[[ INPUT RECORDS open ]]

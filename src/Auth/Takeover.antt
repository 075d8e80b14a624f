-- ===== src/Auth/Takeover.antt =====
-- A login through a provider neither takes over an account nor leads to another one later.
use gp_connect_server.Common.{
  ℕ, ◌≡◌, ◌∙◌, ◌≢◌, inl, inr, Bool, false, none, some, arith, nat_eq, string_eq,
}
use gp_connect_server.Schema.{
  User, UserProvider, AuthProvider, auth_provider_eq, auth_provider_beq_iff,
}
use gp_connect_server.Prisma.{Prisma, World, find_first-only}
use gp_connect_server.Handler.{ok}
use gp_connect_server.Auth.Service.{
  OauthProfile, OauthDraw, new_provider, is_account, validate_oauth_login,
}
use gp_connect_server.Auth.Linking.{linked-run, validate_oauth_login-ok}
use text.Mathlib.TextPositions.{eq_refl}

module _ {P : Prisma} where
  -- A provider that does not vouch for the address gets no account that was there before: the login
  -- leads to a new account, and the accounts that were there stay as they are.
  pub validate_oauth_login-unvouched :
      (x : OauthDraw) (p : OauthProfile) (provider : AuthProvider) (w : World P) {u : User}
      → ((r : UserProvider)
          → P.user_provider.find_unique r.id w.providers ≡ some r
          → P.user.find_unique r.user_id w.users ≢ none)
      → P.user_provider.find_first (is_account provider p.provider_user_id) w.providers ≡ none
      → (validate_oauth_login x p provider false w).0 ≡ ok u
      → (P.user.find_unique u.id w.users ≡ none)
        × ((k : ℕ) (a : User)
            → P.user.find_unique k w.users ≡ some a
            → P.user.find_unique k (validate_oauth_login x p provider false w).1.users ≡ some a)
  validate_oauth_login-unvouched x p provider w {u} owned z h =
      elim (validate_oauth_login-ok x p provider false w owned h) [
        | inl l ↦ let f = l.found in absurd (ground arith)
        | inr (inl a) ↦ let v = a.vouched in absurd (ground arith)
        | inr (inr c) ↦
            let unused = c.unused in
            let row = c.row in
            let run = c.run in
            let free : P.user.find_unique u.id w.users ≡ none = ground arith in
            (
              free,
              λ k a f.
                  let ne : k ≢ u.id = λ e. ground arith in
                  rw run (P.user.find_unique-insert_ne k u w.users ne ∙ f),
            )
      ]

  -- After a login through a provider, every later one with the same account of the provider leads to
  -- the same user and writes nothing, whatever else the provider says.
  pub validate_oauth_login-again :
      (x x' : OauthDraw) (p p' : OauthProfile) (provider : AuthProvider) (ev ev' : Bool)
      (w : World P) {u : User}
      → ((r : UserProvider)
          → P.user_provider.find_unique r.id w.providers ≡ some r
          → P.user.find_unique r.user_id w.users ≢ none)
      → p'.provider_user_id ≡ p.provider_user_id
      → (validate_oauth_login x p provider ev w).0 ≡ ok u
      → let w' = (validate_oauth_login x p provider ev w).1 in
        validate_oauth_login x' p' provider ev' w' ≡ (ok u, w')
  validate_oauth_login-again x x' p p' provider ev ev' w {u} owned same h =
      let hit = is_account provider p.provider_user_id in
      let new = new_provider x p provider u.id in
      let found : P.user_provider.find_first hit w.providers ≡ none
          → P.user_provider.find_unique x.provider_id w.providers ≡ none
          → P.user_provider.find_first (is_account provider p'.provider_user_id)
              (P.user_provider.insert new w.providers)
            ≡ some new =
        λ z fresh. rw same (
          find_first-only P.user_provider hit w.providers new fresh
            (ground (arith, eq_refl p.provider_user_id, auth_provider_beq_iff provider provider))
            (λ b f. P.user_provider.find_first-none hit w.providers b.id b z f)) in
      elim (validate_oauth_login-ok x p provider ev w owned h) [
        | inl l ↦ rw (l.run) (linked-run x' p' provider ev' w l.row u (rw same (l.found)) l.owner)
        | inr (inl a) ↦
            let (_, there) = P.user.find_first-some _ w.users u a.existing in
            rw (a.run) (linked-run x' p' provider ev' _ new u (found a.unlinked a.fresh) there)
        | inr (inr c) ↦
            let row = c.row in
            let unused = c.unused in
            let there = P.user.find_unique-insert_self u w.users (ground arith) in
            rw (c.run) (linked-run x' p' provider ev' _ new u (found c.unlinked c.fresh) there)
      ]
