-- ===== src/Blocks/Service.antt =====
-- The operations of `BlocksService` (src/blocks/blocks.service.ts) that change or test blocks.
use gp_connect_server.Common.{ℕ, Bool, Option, some, ◌==◌, nat_eq, not, ◌&&◌, ◌||◌, ltb, is_set}
use gp_connect_server.Schema.{UserBlock}
use gp_connect_server.Prisma.{Prisma}
use gp_connect_server.Handler.{
  Handler, Exception, Reason, ◌>>=◌, ◌>>◌, pure, throw_if, find_unique, find_first, count, create,
  delete_many, catch_unique, users, blocks,
}

-- `{ blockerId, blockedId }`
abbrev pub blocks_user : ℕ → ℕ → UserBlock → Bool
blocks_user blocker_id blocked_id b = b.blocker_id == blocker_id && b.blocked_id == blocked_id

module _ {P : Prisma} where
  -- The insertion; a row that is there violates the `@@unique`.
  abbrev pub insert_block : ℕ → ℕ → Handler P (Option UserBlock)
  insert_block blocker_id blocked_id = do
    row ←
        create blocks (blocks_user blocker_id blocked_id)
          (record { blocker_id = blocker_id; blocked_id = blocked_id })
    pure (some row)

  -- A user that is not there violates a foreign key (P2003), for which `block` throws. The users of
  -- a row that is there are there too, so it does not matter that this test comes first.
  abbrev pub check_users : ℕ → ℕ → Handler P (Unit {0})
  check_users blocker_id blocked_id = do
    blocker ← find_unique users blocker_id
    blocked ← find_unique users blocked_id
    throw_if (not (is_set blocker && is_set blocked)) (Exception.bad_request Reason.user_not_found)

  unfoldable pub block : ℕ → ℕ → Handler P (Option UserBlock)
  block blocker_id blocked_id = do
    throw_if (blocker_id == blocked_id) (Exception.bad_request Reason.self_block)
    check_users blocker_id blocked_id
    catch_unique (insert_block blocker_id blocked_id)
        (find_first blocks (blocks_user blocker_id blocked_id))

  unfoldable pub unblock : ℕ → ℕ → Handler P (Unit {0})
  unblock blocker_id blocked_id = delete_many blocks (blocks_user blocker_id blocked_id)

  unfoldable pub is_blocked_between : ℕ → ℕ → Handler P Bool
  is_blocked_between a b = do
    n ← count blocks (λ x. blocks_user a b x || blocks_user b a x)
    pure (ltb 0 n)
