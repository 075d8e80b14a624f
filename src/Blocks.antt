-- ===== src/Blocks.antt =====
-- Blocks between users: src/blocks/blocks.service.ts.
mod Service
pub mod Laws
unfoldable pub use Service.*
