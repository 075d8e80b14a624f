-- ===== src/Blocks/Laws.antt =====
-- What blocking and unblocking mean to the test that the other services make.
use gp_connect_server.Common.{
  ℕ, is_set, ◌≡◌, refl, ap, subst, inl, inr, true, false, Option, Option-cases, Bool-cases, none,
  some, arith, ◌==◌, nat_eq, nat_beq_iff, ◌||◌, ◌&&◌,
}
use gp_connect_server.Schema.{UserBlock}
use gp_connect_server.Prisma.{Prisma, Delegate, World, user_block_key, zero-cases, and_parts}
use gp_connect_server.Handler.{ok}
use gp_connect_server.Blocks.Service.{blocks_user, block, unblock, is_blocked_between}

abbrev pub block_row : ℕ → ℕ → UserBlock
block_row a b = record { blocker_id = a; blocked_id = b }

blocks_user_iff : (a b : ℕ) (x : UserBlock) → blocks_user a b x ≡ true → x ≡ block_row a b
blocks_user_iff a b x h =
    let (p, q) = and_parts (x.blocker_id == a) (x.blocked_id == b) h in
    let p' = (nat_beq_iff x.blocker_id a).0 p in let q' = (nat_beq_iff x.blocked_id b).0 q in cc

user_block_key-blocks_user :
    (a b : ℕ) (x : UserBlock) → user_block_key x ≡ (a, b) → blocks_user a b x ≡ true
user_block_key-blocks_user a b x k =
    let p = ap (λ (u : ℕ × ℕ). u.0) k in let q = ap (λ (u : ℕ × ℕ). u.1) k in ground arith

-- A row that a count found, under the key that it is known to have.
row-found :
    (D : Delegate UserBlock (ℕ × ℕ) user_block_key) (a b : ℕ) (t : D.Table) (x : UserBlock)
    → blocks_user a b x ≡ true
    → D.find_unique (user_block_key x) t ≡ some x
    → D.find_unique (a, b) t ≡ some (block_row a b)
row-found D a b t x h e =
    subst (λ y. D.find_unique (user_block_key y) t ≡ some y) (blocks_user_iff a b x h) e

module _ {P : Prisma} where
  -- The test is symmetric and tells whether one of the two rows is there.
  is_blocked_between-true :
      (a b : ℕ) (w : World P)
      → P.user_block.find_unique (a, b) w.blocks ≡ some (block_row a b)
      → ((is_blocked_between a b w) ≡ (ok true, w)) × (is_blocked_between b a w ≡ (ok true, w))
  unfolding is_blocked_between
  is_blocked_between-true a b w f =
      let c = λ (p q : ℕ).
        zero-cases (P.user_block.count (λ x. blocks_user p q x || blocks_user q p x) w.blocks) in
      (
        elim (c a b) [
          | inl z ↦
              let no = P.user_block.count-zero _ w.blocks (a, b) (block_row a b) z f in
              absurd (ground arith)
          | inr n ↦ ground arith
        ],
        elim (c b a) [
          | inl z ↦
              let no = P.user_block.count-zero _ w.blocks (a, b) (block_row a b) z f in
              absurd (ground arith)
          | inr n ↦ ground arith
        ],
      )

  is_blocked_between-false :
      (a b : ℕ) (w : World P)
      → P.user_block.find_unique (a, b) w.blocks ≡ none
      → P.user_block.find_unique (b, a) w.blocks ≡ none
      → is_blocked_between a b w ≡ (ok false, w)
  unfolding is_blocked_between
  is_blocked_between-false a b w f g =
      elim (zero-cases
        (P.user_block.count (λ x. blocks_user a b x || blocks_user b a x) w.blocks)) [
          | inl z ↦ ground arith
          | inr n ↦
              let (x, m, e) = P.user_block.count-pos _ w.blocks n in
              elim (Bool-cases (blocks_user a b x)) [
                | inl t ↦ let s = row-found P.user_block a b w.blocks x t e in absurd (ground arith)
                | inr t ↦
                    let s = row-found P.user_block b a w.blocks x (ground arith) e in
                    absurd (ground arith)
              ]
        ]

  -- A block that succeeds leaves the row of the two users.
  block-stored :
      (a b : ℕ) (w : World P) {r : Option UserBlock}
      → (block a b w).0 ≡ ok r
      → P.user_block.find_unique (a, b) (block a b w).1.blocks ≡ some (block_row a b)
  unfolding block
  block-stored a b w h = elim (zero-cases (P.user_block.count (blocks_user a b) w.blocks)) [
    | inl z ↦ elim (Option-cases (P.user_block.find_unique (a, b) w.blocks)) [
      | inl e ↦
          let f = P.user_block.find_unique-insert_self (block_row a b) w.blocks e in ground arith
      | inr (x, e) ↦
          let no = P.user_block.count-zero _ w.blocks (a, b) x z e in
          let k =
            user_block_key-blocks_user a b x (P.user_block.key-find_unique (a, b) w.blocks x e) in
          absurd (ground arith)
    ]
    | inr n ↦
        let (x, m, e) = P.user_block.count-pos _ w.blocks n in
        let s = row-found P.user_block a b w.blocks x m e in ground arith
  ]

  -- Once one of two users has blocked the other, the test finds them blocked, whoever asks.
  pub block-is_blocked_between :
      (a b : ℕ) (w : World P) {r : Option UserBlock}
      → (block a b w).0 ≡ ok r
      → let w' = (block a b w).1 in
        (is_blocked_between a b w' ≡ (ok true, w')) × (is_blocked_between b a w' ≡ (ok true, w'))
  block-is_blocked_between a b w h =
      is_blocked_between-true a b (block a b w).1 (block-stored a b w h)

  block-guards :
      (a b : ℕ) (w : World P) {r : Option UserBlock}
      → (block a b w).0 ≡ ok r
      → ((a == b) ≡ false)
        × ((is_set (P.user.find_unique a w.users) && is_set (P.user.find_unique b w.users)) ≡ true)
        × ((block a b w).1.users ≡ w.users)
  unfolding block
  block-guards a b w h = ground arith

  -- A block where the row is there.
  block-present :
      (a b : ℕ) (w : World P)
      → (a == b) ≡ false
      → (is_set (P.user.find_unique a w.users) && is_set (P.user.find_unique b w.users)) ≡ true
      → P.user_block.find_unique (a, b) w.blocks ≡ some (block_row a b)
      → block a b w ≡ (ok (some (block_row a b)), w)
  unfolding block
  block-present a b w ne there f =
      elim (Option-cases (P.user_block.find_first (blocks_user a b) w.blocks)) [
        | inl z ↦
            let no = P.user_block.find_first-none _ w.blocks (a, b) (block_row a b) z f in
            absurd (ground arith)
        | inr (x, e) ↦
            let (m, _) = P.user_block.find_first-some _ w.blocks x e in
            let s = blocks_user_iff a b x m in
            elim (zero-cases (P.user_block.count (blocks_user a b) w.blocks)) [
              | inl z ↦
                  let no = P.user_block.count-zero _ w.blocks (a, b) (block_row a b) z f in
                  absurd (ground arith)
              | inr n ↦ ground arith
            ]
      ]

  -- Blocking is idempotent: a second block returns the row that is there and writes nothing.
  pub block-twice :
      (a b : ℕ) (w : World P) {r : Option UserBlock}
      → (block a b w).0 ≡ ok r
      → block a b (block a b w).1 ≡ (ok (some (block_row a b)), (block a b w).1)
  block-twice a b w h =
      let (ne, there, same) = block-guards a b w h in
      block-present a b (block a b w).1 ne (rw same there) (block-stored a b w h)

  -- After an unblock the two users are free of each other, unless the other one blocks too.
  pub unblock-is_blocked_between :
      (a b : ℕ) (w : World P)
      → P.user_block.find_unique (b, a) w.blocks ≡ none
      → is_blocked_between a b (unblock a b w).1 ≡ (ok false, (unblock a b w).1)
  unfolding unblock
  unblock-is_blocked_between a b w free =
      let gone =
        λ (p q : ℕ). P.user_block.find_unique-delete_many (p, q) (blocks_user a b) w.blocks in
      is_blocked_between-false a b (unblock a b w).1
        (elim (Option-cases (P.user_block.find_unique (a, b) w.blocks)) [
          | inl z ↦ rw (gone a b, z) refl
          | inr (x, e) ↦
              let k = P.user_block.key-find_unique (a, b) w.blocks x e in
              rw (gone a b, e, user_block_key-blocks_user a b x k) refl
        ])
        (rw (gone b a, free) refl)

[[ INPUT RECORDS closed ]]

▶ _TASK TO CARRY OUT_:
Beginning at the line with "validate_oauth_login-again x x'" and ending at the line with "(ground (arith, eq_refl", reproduce each line of the data above exactly, and add no other lines.

▶ _YOUR RESPONSE_:
  validate_oauth_login-again x x' p p' provider ev ev' w {u} owned same h =
      let hit = is_account provider p.provider_user_id in
      let new = new_provider x p provider u.id in
      let found : P.user_provider.find_first hit w.providers ≡ none
          → P.user_provider.find_unique x.provider_id w.providers ≡ none
          → P.user_provider.find_first (is_account provider p'.provider_user_id)
              (P.user_provider.insert new w.providers)
            ≡ some new =
        λ z fresh. rw same (
          find_first-only P.user_provider hit w.providers new fresh
            (ground (arith, eq_refl p.provider_user_id, auth_provider_beq_iff provider provider))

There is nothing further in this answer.